Each starter kit provides a preconfigured mdaa.yaml for a common use case. Refer to the individual READMEs for kit-specific configuration options, architecture details, and resource descriptions.

Starter Kit Description README
Basic DataLake Foundational data lake with S3 storage, Glue catalog, and Athena query access README
Basic DataScience Platform Data science environment with SageMaker notebooks and shared data access README
GenAI Accelerator Generative AI stack with Bedrock integration and knowledge base support README
Governed Lakehouse Lake Formation–governed lakehouse with fine-grained access controls README
Health Data Accelerator Healthcare-focused data platform with compliance-oriented configurations README

See Deployment Time Estimates for approximate deployment times per kit.


Additional Resources


Advanced: Direct CDK CLI Deployment

For contributors and developers only.
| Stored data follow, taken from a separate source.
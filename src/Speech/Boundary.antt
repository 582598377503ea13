-- ===== src/Speech/Boundary.antt =====
-- Where a clause ends: the settings and plannedSpeechBoundary of internal/voice/speech_planner.go.
use agent_server.Prelude.{
  ℕ, ◌+◌, Bool, not, ◌&&◌, [], ◌∷◌, ◌==◌, ltb, if◌then◌else◌, length, is_empty, ℤ, pos, pos_part,
  leb_ℤ, ltb_ℤ, add64, quot, take, drop,
}
use agent_server.Text.{Text, codes, in_set, is_space, trim_space, trim_left}
use agent_server.BargeIn.Signals.{max_int}

abbrev pub default_speech_planner_min_chunk_runes : ℤ
default_speech_planner_min_chunk_runes = pos 6

abbrev pub default_speech_planner_target_chunk_runes : ℤ
default_speech_planner_target_chunk_runes = pos 24

abbrev pub default_speech_planner_max_chunk_runes : ℤ
default_speech_planner_max_chunk_runes = pos 42

abbrev pub default_speech_planner_queue_size : ℕ
default_speech_planner_queue_size = 4

pub record SpeechPlannerConfig : Type 0 where
  pub enabled : Bool
  pub min_chunk_runes : ℤ
  pub target_chunk_runes : ℤ

abbrev pub positive_or_default : ℤ → ℤ → ℤ
positive_or_default n default = if leb_ℤ n (pos 0) then default else n

unfoldable pub normalize_speech_planner_config : SpeechPlannerConfig → SpeechPlannerConfig
normalize_speech_planner_config cfg =
    let least = positive_or_default cfg.min_chunk_runes default_speech_planner_min_chunk_runes in
    let target =
      positive_or_default cfg.target_chunk_runes default_speech_planner_target_chunk_runes in
    record cfg {
      min_chunk_runes = least;
      target_chunk_runes = if ltb_ℤ target least then least else target;
    }

-- '.', '!', '?', ';', '\n', '。', '！', '？', '；', '…'
unfoldable pub is_strong_speech_boundary : ℕ → Bool
unfolding in_set
is_strong_speech_boundary r = in_set (10 ∷ codes ".!?;。！？；…") r

-- ',', ':', '，', '、', '：'
unfoldable pub is_soft_speech_boundary : ℕ → Bool
unfolding in_set
is_soft_speech_boundary r = in_set (codes ",:，、：") r

-- The cuts that the loop over the runes finds. 0 is none.
pub record Cuts : Type 0 where
  pub last_strong : ℕ
  pub last_soft : ℕ
  pub last_space : ℕ
  pub first_strong : ℕ
  pub first_soft : ℕ

abbrev pub no_cuts : Cuts
no_cuts = record {
  last_strong = 0;
  last_soft = 0;
  last_space = 0;
  first_strong = 0;
  first_soft = 0;
}

-- The first cut of its kind, once it is long enough.
abbrev pub first_cut : SpeechPlannerConfig → ℕ → ℕ → ℕ
first_cut cfg cut first = if first == 0 && leb_ℤ cfg.min_chunk_runes (pos cut) then cut else first

-- One round of the loop: the rune `r`, whose cut is behind it.
unfoldable pub note_rune : SpeechPlannerConfig → ℕ → ℕ → Cuts → Cuts
note_rune cfg cut r m =
    if is_strong_speech_boundary r
    then record m { last_strong = cut; first_strong = first_cut cfg cut m.first_strong }
    else if is_soft_speech_boundary r
    then record m { last_soft = cut; first_soft = first_cut cfg cut m.first_soft }
    else if is_space r
    then record m { last_space = cut }
    else m

unfoldable pub scan_runes : SpeechPlannerConfig → ℕ → Text → Cuts → Cuts
unfolding note_rune is_strong_speech_boundary is_soft_speech_boundary is_space
scan_runes cfg i [] m = m
scan_runes cfg i (r ∷ runes) m = scan_runes cfg (i + 1) runes (note_rune cfg (i + 1) r m)

unfoldable pub max_chunk_runes : SpeechPlannerConfig → ℤ
unfolding max_int add64 quot
max_chunk_runes cfg =
    let most = add64 cfg.target_chunk_runes (max_int (quot cfg.target_chunk_runes 2) (pos 8)) in
    if ltb_ℤ most default_speech_planner_max_chunk_runes
    then default_speech_planner_max_chunk_runes
    else most

-- The last `switch` of the function, where the planner flushes or keeps waiting.
unfoldable pub flushed_cut : SpeechPlannerConfig → Bool → ℕ → Cuts → ℤ
flushed_cut cfg flush total m =
    if flush
    then if ltb 0 m.first_soft && ltb m.first_soft total
      then pos m.first_soft
      else if leb_ℤ cfg.min_chunk_runes (pos m.last_soft)
      then pos m.last_soft
      else if leb_ℤ cfg.min_chunk_runes (pos m.last_space)
      then pos m.last_space
      else pos total
    else pos 0

-- The `if` on the longest chunk, and what follows it.
unfoldable pub forced_cut : SpeechPlannerConfig → Bool → ℕ → Cuts → ℤ
unfolding max_chunk_runes flushed_cut
forced_cut cfg flush total m =
    if leb_ℤ (max_chunk_runes cfg) (pos total)
    then if leb_ℤ cfg.min_chunk_runes (pos m.last_soft)
      then pos m.last_soft
      else if leb_ℤ cfg.min_chunk_runes (pos m.last_space)
      then pos m.last_space
      else if ltb_ℤ cfg.target_chunk_runes (pos total)
      then cfg.target_chunk_runes
      else pos total
    else flushed_cut cfg flush total m

-- The `if` on the target, and what follows it.
unfoldable pub target_cut : SpeechPlannerConfig → Bool → ℕ → Cuts → ℤ
unfolding forced_cut
target_cut cfg flush total m =
    if leb_ℤ cfg.target_chunk_runes (pos total)
    then if ltb 0 m.first_soft && ltb m.first_soft total
      then pos m.first_soft
      else if leb_ℤ cfg.min_chunk_runes (pos m.last_soft)
      then pos m.last_soft
      else if leb_ℤ cfg.min_chunk_runes (pos m.last_space)
      then pos m.last_space
      else if not flush
      then cfg.target_chunk_runes
      else forced_cut cfg flush total m
    else forced_cut cfg flush total m

-- What follows the marks: the early returns in their order.
unfoldable pub choose_cut : SpeechPlannerConfig → Bool → ℕ → Cuts → ℤ
unfolding target_cut
choose_cut cfg flush total m =
    if ltb 0 m.first_strong && ltb m.first_strong total
    then pos m.first_strong
    else if leb_ℤ cfg.min_chunk_runes (pos m.last_strong)
    then pos m.last_strong
    else if leb_ℤ cfg.min_chunk_runes (pos m.last_soft) && m.last_soft == total
    then pos m.last_soft
    else target_cut cfg flush total m

unfoldable pub planned_speech_boundary : SpeechPlannerConfig → Bool → Text → ℤ
unfolding scan_runes choose_cut
planned_speech_boundary cfg flush runes =
    if is_empty runes
    then pos 0
    else choose_cut cfg flush (length runes) (scan_runes cfg 0 runes no_cuts)

-- The segment that begins the text, trimmed, and what is left behind it.
unfoldable pub next_planned_speech_segment : SpeechPlannerConfig → Bool → Text → Text × Text
next_planned_speech_segment cfg flush text =
    let runes = trim_space text in
    let cut = planned_speech_boundary (normalize_speech_planner_config cfg) flush runes in
    if is_empty runes
    then ([], [])
    else if leb_ℤ cut (pos 0)
    then ([], runes)
    else let at = if ltb_ℤ (pos (length runes)) cut then length runes else pos_part cut in
      (trim_space (take at runes), trim_left is_space (drop at runes))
This section requires cloning the MDAA source repository. Most users should use npx @aws-mdaa/cli or npm install -g @aws-mdaa/cli as described above.

For development and troubleshooting, you can deploy individual MDAA modules directly using the CDK CLI instead of the MDAA CLI wrapper. This is useful when working directly against the MDAA codebase.

Steps

  1. Clone the MDAA repo and install dependencies:
git clone https://github.com/aws/modern-data-architecture-accelerator.git
npm install
  1. Navigate to the module's source directory (typically under packages/apps/<module_category>/<module>).

  2. Run CDK commands with the required context parameters:

cdk synth \
  -c org=<organization> \
  -c env=<dev|test|prod> \
  -c domain=<domain_name> \
  -c app_configs=<app_config_paths> \
  -c tag_configs=<tag_config_paths> \
  -c module_name=<module_name>

Example:

cdk synth \
  -c org="sample-org" \
  -c env="dev" \
  -c domain="mdaa1" \
  -c app_configs="warehouse.yaml" \
  -c tag_configs="tags.yaml" \
  -c module_name="testing"

Required Context Parameters

Parameter Description
org Organization name
env Target environment (dev, test, prod)
domain Deployment domain — allows multiple deployments in the same org/env/account
module_name MDAA module name — allows multiple deployments of the same CDK app
app_configs Comma-separated paths to app config files (later files take precedence)
tag_configs Comma-separated paths to tag config files (later files take precedence)

Note: Additional context values may be required if referenced from within the module's app config. Replace all CDK commands (synth, diff, deploy, list) as needed.